Are you sure that a .60 cal is even legal in the US????


----------



## Bucket-Back (Feb 8, 2004)

KeithD said:


> Its actually a good demo for students when your talking about sight alignment, trigger control and grip. as long as you have at least 2 of the above rounds go where rounds are supposed to go..


Would a Gen II GLock 17 , in a Raven holster be a good choice ? The 17 because of the longer sight plane and the Raven because being plastic ,the sweat won't matter.The best of both worlds so to speak


----------



## glockman55 (Mar 9, 2006)

Bucket-Back said:


> Would a Gen II GLock 17 , in a Raven holster be a good choice ? The 17 because of the longer sight plane and the Raven because being plastic ,the sweat won't matter.The best of both worlds so to speak


 
Without getting into to a debate here, Defencive training and target shooting are quite different..when training for a CPL you should be shooting without using your sights.


----------



## Bucket-Back (Feb 8, 2004)

glockman55 said:


> Without getting into to a debate here, Defencive training and target shooting are quite different..when training for a CPL you should be shooting without using your sights.

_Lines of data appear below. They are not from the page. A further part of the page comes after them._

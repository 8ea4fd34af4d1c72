-- ===== src/Examples/Loops.antt =====
-- The main loop of the daemon at concrete inputs.
use edge_ipc_daemon.Prelude.{ℕ, true, false, List, [], ◌∷◌, some, ◌≡◌, refl, arith, replicate}
use edge_ipc_daemon.Daemon.State.{idle, running}
use edge_ipc_daemon.Daemon.Receiver
use edge_ipc_daemon.Daemon.Receiver.{Receiver}
use edge_ipc_daemon.Daemon.Receiver.Calls.{
  Call, pushed, calls, queue_call, queue_calls, Agrees, make-Agrees, calls-Agrees,
}
use edge_ipc_daemon.Daemon.Processor
use edge_ipc_daemon.Daemon.Processor.{TelemetryFrame}
use edge_ipc_daemon.Daemon.Processor.Metrics.{metrics, make-Settled}
use edge_ipc_daemon.Daemon.Bus.{closed}
use edge_ipc_daemon.Daemon.Loop.{Daemon, main, popping, testing, notified, run}
use edge_ipc_daemon.Daemon.Loop.Pass.{Passed, run-alarms}
use edge_ipc_daemon.Examples.Naturals.{naturals}

abbrev frame : ℕ → TelemetryFrame naturals
frame v = record { sensor_id = "sensor0"; value = v }

-- The daemon before its loop.
abbrev ready : Daemon naturals
ready = record {
  phase = testing;
  quit = false;
  fsm = idle;
  bus = record closed { bus = true; slot = true; running = true };
  receiver = Receiver.make (frame 0);
  processor = Processor.make naturals 10 80 20 3;
  last_watchdog = 0;
  outputs = notified "READY=1" ∷ [];
}

-- Three readings above the band are in the ring.
abbrev pushes : List (Call (TelemetryFrame naturals))
pushes = pushed (frame 90) ∷ pushed (frame 95) ∷ pushed (frame 99) ∷ []

abbrev filled : Receiver (TelemetryFrame naturals)
filled = (calls (Receiver.make (frame 0)) pushes).1

filled-Agrees : Agrees filled (frame 90 ∷ frame 95 ∷ frame 99 ∷ [], 0)
unfolding queue_calls queue_call
filled-Agrees = (calls-Agrees (Receiver.make (frame 0)) ([], 0) (make-Agrees (frame 0)) pushes).1

abbrev loaded : Daemon naturals
loaded = record ready { phase = popping; fsm = running; receiver = filled }

run-alarms_example :
    (e : Daemon naturals) × (run naturals 80 loaded (replicate 4 (main 7)) ≡ some e)
    × Passed naturals 80 7 0 loaded
        (metrics naturals 10 80 20 3 [] (frame 90 ∷ frame 95 ∷ frame 99 ∷ []))
        e
run-alarms_example =
    run-alarms naturals 80 80 20 [] (frame 90 ∷ frame 95 ∷ frame 99 ∷ []) loaded 7 0 refl refl
      filled-Agrees (omega arith) (make-Settled naturals 10 80 20 3 (omega arith))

I totally agree , but my G17 & Raven reference was for Keith D . I thinks that's what he runs , and was a tongue in cheek comment that I found him out . Maybe he's up for some private training when off work in the near future.


----------



## agross (Jan 18, 2009)

Hunter333 said:


> I checked out their site and found "Our rental wall includes .38, .357, .44, .50 caliber Revolvers, .22 LR, .380, 9mm, .40 S&W, .45 ACP Semi Automatics, and .22 LR, .223, 5.56, .45 ACP, 9mm Rifles" I like the idea of going there and shooting some different guns to see what works for me.
> 
> Thanks for the ideas all, keep them coming.


 I would say go check em out. I did some shopping around before buying and silverbullet was the cheapest for the gun I was looking for. Their service was excellant. They were extremely helpful and answered many questions I had. I went there last week Wednesday and the gun I was wanting was a Smith and Wesson. The salesman told me if I was serious to come back Friday or Saturday because they were having Smith and Wesson days. So I did. It ended up saving me almost 50 dollars. They have my business from now on. I ended up with a .40 cal. M&P. They have a ton of pistols you can try.


----------



## karl (Oct 21, 2009)

First, to be honest, I have to say that I'm a huge fan of the 1911 platform. Mostly because I carried that most of my career in the military and I just love the way the new ones shoot. I also have a "tupperware" gun in .45 that I like for it's size and concealment ability. I've also got some wheel guns in both J frame and 4 inch that shoot well and are reliable as the day is long. See what I mean? There are many different roads to take for many different but good reasons. Many here have given some great advice. For example, 9mm is relatively inexpensive to practice with (and you will need practice, practice, practice), and you can put multipule rounds on target due to capacity levels of most 9mm's. Glocks are good pistols as are Rugars, Smiths, Colts and so on and on and on. Go to the range and shoot a bunch of different guns, narrow it down to a select few and then narrow it down to your choice. The gun has to feel good and shoot well for you.
It's good to have the folks here with the knowledge and experience to draw from but it still comes down to what is right for you. 
When you are picking your gun is a good time to go ahead and find a quality holster and belt. Don't spend oodles on a gun only to buy a cheapo holster. You'll just end up with a box full of holsters you don't use and will have spent more money than if you just buy a quality holster thru an informed purchase. You'll also need a good belt. It's all part of a system. Good Luck and have a blast. Be forwarned-Handguns are addictive.


----------



## Bucket-Back (Feb 8, 2004)

SB does have a nice disco like setting store with all the bells , buzzers and neon lights .$35 for a Glock Magazine , $79 for a Galco Holster for the infamous G-Lock . Nice , knowlegable ,GQ help staff that appears to be well paid .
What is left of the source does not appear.